==== ENTRIES SUPPLIED

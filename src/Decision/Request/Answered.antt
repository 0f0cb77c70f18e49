-- ===== src/Decision/Request/Answered.antt =====
-- What responses report.
use greenwave.Prelude.{
  ℕ, ◌≡◌, refl, subst, Bool, true, false, not, List, [], ◌∷◌, map, Option, none, some, Dict, put,
  arith, is_empty, is_some, all, elem, NoRepeats, ◌==◌, ==_iff, nat_eq, if◌then◌else◌, inl, inr,
  Bool-cases,
}
use greenwave.Outcome.{ok}
use greenwave.Json.{Object}
use greenwave.Waiver.{Waiver}
use greenwave.Waiver.Laws.{covered}
use greenwave.Policy.Services.{TestResult, Services}
use greenwave.Decision.{Decision, filters_to_ask, fetch_waivers, waive}
use greenwave.Decision.Waiving.{policies_satisfied_iff, policies_satisfied-waive}
use greenwave.Decision.Request.{
  Application, DecisionResponse, Options, has_value, value_list, by_id, response_of,
  subjects_checked, services_for, on_demand_policies, read_options, verbose_of, make_decision,
}
use greenwave.Decision.Request.Valid.{make_decision-Steps, decide-waived}

module _ {ℓ} {A : Type ℓ} where
  abbrev keys_of : Dict ℕ A → List ℕ
  keys_of [] = []
  keys_of ((id, x) ∷ d) = id ∷ keys_of d

  elem-put :
      (j k : ℕ) (v : A) (d : Dict ℕ A)
      → (k == j) ≡ false
      → elem j (keys_of d) ≡ false
      → elem j (keys_of (put k v d)) ≡ false
  elem-put j k v [] other new = ground (arith, ==_iff j k, ==_iff k j)
  elem-put j k v ((i, w) ∷ d) other new =
      ground (arith, elem-put j k v d, ==_iff i k, ==_iff j i, ==_iff k j)

  put-NoRepeats :
      (k : ℕ) (v : A) (d : Dict ℕ A) → NoRepeats (keys_of d) → NoRepeats (keys_of (put k v d))
  put-NoRepeats k v [] h = (refl, tt)
  put-NoRepeats k v ((j, w) ∷ d) h = elim (Bool-cases (j == k)) [
    | inl same ↦ rw same h
    | inr other ↦
        rw other
          (elem-put j k v d (ground (arith, ==_iff j k, ==_iff k j)) h.0, put-NoRepeats k v d h.1)
  ]

  module _ (id : A → ℕ) where
    -- Each entry stands under its identifier.
    abbrev Keyed : Dict ℕ A → Type 0
    Keyed [] = Unit
    Keyed ((k, x) ∷ d) = (id x ≡ k) × Keyed d

    put-Keyed : (x : A) (d : Dict ℕ A) → Keyed d → Keyed (put (id x) x d)
    put-Keyed x [] h = (refl, tt)
    put-Keyed x ((j, w) ∷ d) h = elim (Bool-cases (j == id x)) [
      | inl same ↦ rw same (ground (arith, ==_iff j (id x)), h.1)
      | inr other ↦ rw other (h.0, put-Keyed x d h.1)
    ]

    by_id-distinct :
        (xs : List A) (d : Dict ℕ A)
        → NoRepeats (keys_of d)
        → Keyed d
        → NoRepeats (keys_of (by_id id xs d)) × Keyed (by_id id xs d)
    unfolding by_id
    by_id-distinct [] d h k = (h, k)
    by_id-distinct (x ∷ xs) d h k =
        by_id-distinct xs (put (id x) x d) (put-NoRepeats (id x) x d h) (put-Keyed x d k)

    value_list-ids : (d : Dict ℕ A) → Keyed d → map id (value_list d) ≡ keys_of d
    value_list-ids [] k = refl
    value_list-ids ((j, x) ∷ d) k = rw (k.0, value_list-ids d k.1) refl

    by_id-NoRepeats : (xs : List A) → NoRepeats (map id (value_list (by_id id xs [])))
    by_id-NoRepeats xs =
        let (distinct, keyed) = by_id-distinct xs [] tt tt in
        rw (value_list-ids (by_id id xs []) keyed) distinct

-- No identifier stands twice in a list, if there is one.
abbrev pub DistinctIds {ℓ} : {A : Type ℓ} → (A → ℕ) → Option (List A) → Type 0
DistinctIds id none = Unit
DistinctIds id (some xs) = NoRepeats (map id xs)

-- What the entries of a response say of each other and of the request.
pub record Consistent (request : Object) (response : DecisionResponse) : Type 0 where
  pub satisfied_iff : response.policies_satisfied ≡ is_empty response.unsatisfied_requirements
  pub with_policies : is_some response.applicable_policies ≡ not (has_value "rules" request)
  pub with_details : is_some response.results ≡ is_some response.waivers
  pub distinct_results : DistinctIds (λ (r : TestResult). r.id) response.results
  pub distinct_waivers : DistinctIds (λ (w : Waiver). w.id) response.waivers

details-DistinctIds {ℓ} :
    {A : Type ℓ} (id : A → ℕ) (verbose : Bool) (xs : List A)
    → DistinctIds id (if verbose then some (value_list (by_id id xs [])) else none)
details-DistinctIds id true xs = by_id-NoRepeats id xs
details-DistinctIds id false xs = tt

response_of-Consistent :
    (request : Object) (d : Decision) → Consistent request (response_of request d)
unfolding response_of
response_of-Consistent request d = record {
  satisfied_iff = policies_satisfied_iff d;
  with_policies = ground arith;
  with_details = ground arith;
  distinct_results = details-DistinctIds (λ (r : TestResult). r.id) d.verbose d.verbose_results;
  distinct_waivers = details-DistinctIds (λ (w : Waiver). w.id) d.verbose d.waivers;
}

-- In every response that is returned, the policies are satisfied exactly if no unsatisfied requirement
-- is listed; the applicable policies are listed exactly if the request brings no rules of its own;
-- results are listed exactly if waivers are, and no result and no waiver is listed twice.
pub make_decision-Consistent :
    (app : Application) (request : Object) (response : DecisionResponse)
    → make_decision app request ≡ ok response
    → Consistent request response
make_decision-Consistent app request response h =
    let steps = make_decision-Steps app request response h in
    let (d, d', checked, waived, made) =
      decide-waived app request steps.options response steps.decided in
    subst (Consistent request) made (response_of-Consistent request d')

waive-fetched :
    (services : Services) (d d' : Decision)
    → waive services d ≡ ok d'
    → fetch_waivers services (filters_to_ask d) ≡ ok d'.waivers
unfolding waive
waive-fetched services d d' h = ground arith

-- A decision says that the policies are satisfied exactly if each answer that the checks of the
-- subjects gave is satisfied or is covered by a waiver that WaiverDB returned for the filters of these
-- answers. The checks and the filters are those of the options that were read from the request.
pub make_decision-satisfied_iff :
    (app : Application) (request : Object) (response : DecisionResponse)
    → make_decision app request ≡ ok response
    → (options : Options) × (d : Decision) × (waivers : List Waiver) × (on_demand_policies app
          request
        ≡ ok options.on_demand)
      × (verbose_of request ≡ ok options.verbose)
      × (read_options app request options.verbose options.on_demand ≡ ok options)
      × (subjects_checked app request options ≡ ok d)
      × (fetch_waivers (services_for app options) (filters_to_ask d) ≡ ok waivers)
      × (response.policies_satisfied ≡ all (covered waivers) d.answers)
unfolding response_of
make_decision-satisfied_iff app request response h =
    let steps = make_decision-Steps app request response h in
    let (d, d', checked, waived, made) =
      decide-waived app request steps.options response steps.decided in
    let services = services_for app steps.options in
    (
      steps.options,
      d,
      d'.waivers,
      steps.policies_made,
      steps.flag,
      steps.read,
      checked,
      waive-fetched services d d' waived,
      subst (λ (r : DecisionResponse). r.policies_satisfied ≡ all (covered d'.waivers) d.answers)
          made (policies_satisfied-waive services d d' waived),
    )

========

* [PROBLEM TO SOLVE]: Retype all the data, keeping every character the same.

* [ANSWER TO THIS PROBLEM]:
filename src/Decision/Request/Answered.antt
repository 0f0cb77c70f18e49
-- ===== src/Decision/Request/Answered.antt =====
-- What responses report.
use greenwave.Prelude.{
  ℕ, ◌≡◌, refl, subst, Bool, true, false, not, List, [], ◌∷◌, map, Option, none, some, Dict, put,
  arith, is_empty, is_some, all, elem, NoRepeats, ◌==◌, ==_iff, nat_eq, if◌then◌else◌, inl, inr,
  Bool-cases,
}
use greenwave.Outcome.{ok}
use greenwave.Json.{Object}
use greenwave.Waiver.{Waiver}
use greenwave.Waiver.Laws.{covered}
use greenwave.Policy.Services.{TestResult, Services}
use greenwave.Decision.{Decision, filters_to_ask, fetch_waivers, waive}
use greenwave.Decision.Waiving.{policies_satisfied_iff, policies_satisfied-waive}
use greenwave.Decision.Request.{
  Application, DecisionResponse, Options, has_value, value_list, by_id, response_of,
  subjects_checked, services_for, on_demand_policies, read_options, verbose_of, make_decision,
}
use greenwave.Decision.Request.Valid.{make_decision-Steps, decide-waived}

module _ {ℓ} {A : Type ℓ} where
  abbrev keys_of : Dict ℕ A → List ℕ
  keys_of [] = []
  keys_of ((id, x) ∷ d) = id ∷ keys_of d

  elem-put :
      (j k : ℕ) (v : A) (d : Dict ℕ A)
      → (k == j) ≡ false
      → elem j (keys_of d) ≡ false
      → elem j (keys_of (put k v d)) ≡ false
  elem-put j k v [] other new = ground (arith, ==_iff j k, ==_iff k j)
  elem-put j k v ((i, w) ∷ d) other new =
      ground (arith, elem-put j k v d, ==_iff i k, ==_iff j i, ==_iff k j)

  put-NoRepeats :
      (k : ℕ) (v : A) (d : Dict ℕ A) → NoRepeats (keys_of d) → NoRepeats (keys_of (put k v d))
  put-NoRepeats k v [] h = (refl, tt)
  put-NoRepeats k v ((j, w) ∷ d) h = elim (Bool-cases (j == k)) [
    | inl same ↦ rw same h
    | inr other ↦
        rw other
          (elem-put j k v d (ground (arith, ==_iff j k, ==_iff k j)) h.0, put-NoRepeats k v d h.1)
  ]

  module _ (id : A → ℕ) where
    -- Each entry stands under its identifier.
    abbrev Keyed : Dict ℕ A → Type 0
    Keyed [] = Unit
    Keyed ((k, x) ∷ d) = (id x ≡ k) × Keyed d

    put-Keyed : (x : A) (d : Dict ℕ A) → Keyed d → Keyed (put (id x) x d)
    put-Keyed x [] h = (refl, tt)
    put-Keyed x ((j, w) ∷ d) h = elim (Bool-cases (j == id x)) [
      | inl same ↦ rw same (ground (arith, ==_iff j (id x)), h.1)
      | inr other ↦ rw other (h.0, put-Keyed x d h.1)
    ]

    by_id-distinct :
        (xs : List A) (d : Dict ℕ A)
        → NoRepeats (keys_of d)
        → Keyed d
        → NoRepeats (keys_of (by_id id xs d)) × Keyed (by_id id xs d)
    unfolding by_id
    by_id-distinct [] d h k = (h, k)
    by_id-distinct (x ∷ xs) d h k =
        by_id-distinct xs (put (id x) x d) (put-NoRepeats (id x) x d h) (put-Keyed x d k)

    value_list-ids : (d : Dict ℕ A) → Keyed d → map id (value_list d) ≡ keys_of d
    value_list-ids [] k = refl
    value_list-ids ((j, x) ∷ d) k = rw (k.0, value_list-ids d k.1) refl

    by_id-NoRepeats : (xs : List A) → NoRepeats (map id (value_list (by_id id xs [])))
    by_id-NoRepeats xs =
        let (distinct, keyed) = by_id-distinct xs [] tt tt in
        rw (value_list-ids (by_id id xs []) keyed) distinct

-- No identifier stands twice in a list, if there is one.
abbrev pub DistinctIds {ℓ} : {A : Type ℓ} → (A → ℕ) → Option (List A) → Type 0
DistinctIds id none = Unit
DistinctIds id (some xs) = NoRepeats (map id xs)

-- What the entries of a response say of each other and of the request.
pub record Consistent (request : Object) (response : DecisionResponse) : Type 0 where
  pub satisfied_iff : response.policies_satisfied ≡ is_empty response.unsatisfied_requirements
  pub with_policies : is_some response.applicable_policies ≡ not (has_value "rules" request)
  pub with_details : is_some response.results ≡ is_some response.waivers
  pub distinct_results : DistinctIds (λ (r : TestResult). r.id) response.results
  pub distinct_waivers : DistinctIds (λ (w : Waiver). w.id) response.waivers

details-DistinctIds {ℓ} :
    {A : Type ℓ} (id : A → ℕ) (verbose : Bool) (xs : List A)
    → DistinctIds id (if verbose then some (value_list (by_id id xs [])) else none)
details-DistinctIds id true xs = by_id-NoRepeats id xs
details-DistinctIds id false xs = tt

response_of-Consistent :
    (request : Object) (d : Decision) → Consistent request (response_of request d)
unfolding response_of
response_of-Consistent request d = record {
  satisfied_iff = policies_satisfied_iff d;
  with_policies = ground arith;
  with_details = ground arith;
  distinct_results = details-DistinctIds (λ (r : TestResult). r.id) d.verbose d.verbose_results;
  distinct_waivers = details-DistinctIds (λ (w : Waiver). w.id) d.verbose d.waivers;
}

-- In every response that is returned, the policies are satisfied exactly if no unsatisfied requirement
-- is listed; the applicable policies are listed exactly if the request brings no rules of its own;
-- results are listed exactly if waivers are, and no result and no waiver is listed twice.
pub make_decision-Consistent :
    (app : Application) (request : Object) (response : DecisionResponse)
    → make_decision app request ≡ ok response
    → Consistent request response
make_decision-Consistent app request response h =
    let steps = make_decision-Steps app request response h in
    let (d, d', checked, waived, made) =
      decide-waived app request steps.options response steps.decided in
    subst (Consistent request) made (response_of-Consistent request d')

waive-fetched :
    (services : Services) (d d' : Decision)
    → waive services d ≡ ok d'
    → fetch_waivers services (filters_to_ask d) ≡ ok d'.waivers
unfolding waive
waive-fetched services d d' h = ground arith

-- A decision says that the policies are satisfied exactly if each answer that the checks of the
-- subjects gave is satisfied or is covered by a waiver that WaiverDB returned for the filters of these
-- answers. The checks and the filters are those of the options that were read from the request.
pub make_decision-satisfied_iff :
    (app : Application) (request : Object) (response : DecisionResponse)
    → make_decision app request ≡ ok response
    → (options : Options) × (d : Decision) × (waivers : List Waiver) × (on_demand_policies app
          request
        ≡ ok options.on_demand)
      × (verbose_of request ≡ ok options.verbose)
      × (read_options app request options.verbose options.on_demand ≡ ok options)
      × (subjects_checked app request options ≡ ok d)
      × (fetch_waivers (services_for app options) (filters_to_ask d) ≡ ok waivers)
      × (response.policies_satisfied ≡ all (covered waivers) d.answers)
unfolding response_of
make_decision-satisfied_iff app request response h =
    let steps = make_decision-Steps app request response h in
    let (d, d', checked, waived, made) =
      decide-waived app request steps.options response steps.decided in
    let services = services_for app steps.options in
    (
      steps.options,
      d,
      d'.waivers,
      steps.policies_made,
      steps.flag,
      steps.read,
      checked,
      waive-fetched services d d' waived,
      subst (λ (r : DecisionResponse). r.policies_satisfied ≡ all (covered d'.waivers) d.answers)
          made (policies_satisfied-waive services d d' waived),
    )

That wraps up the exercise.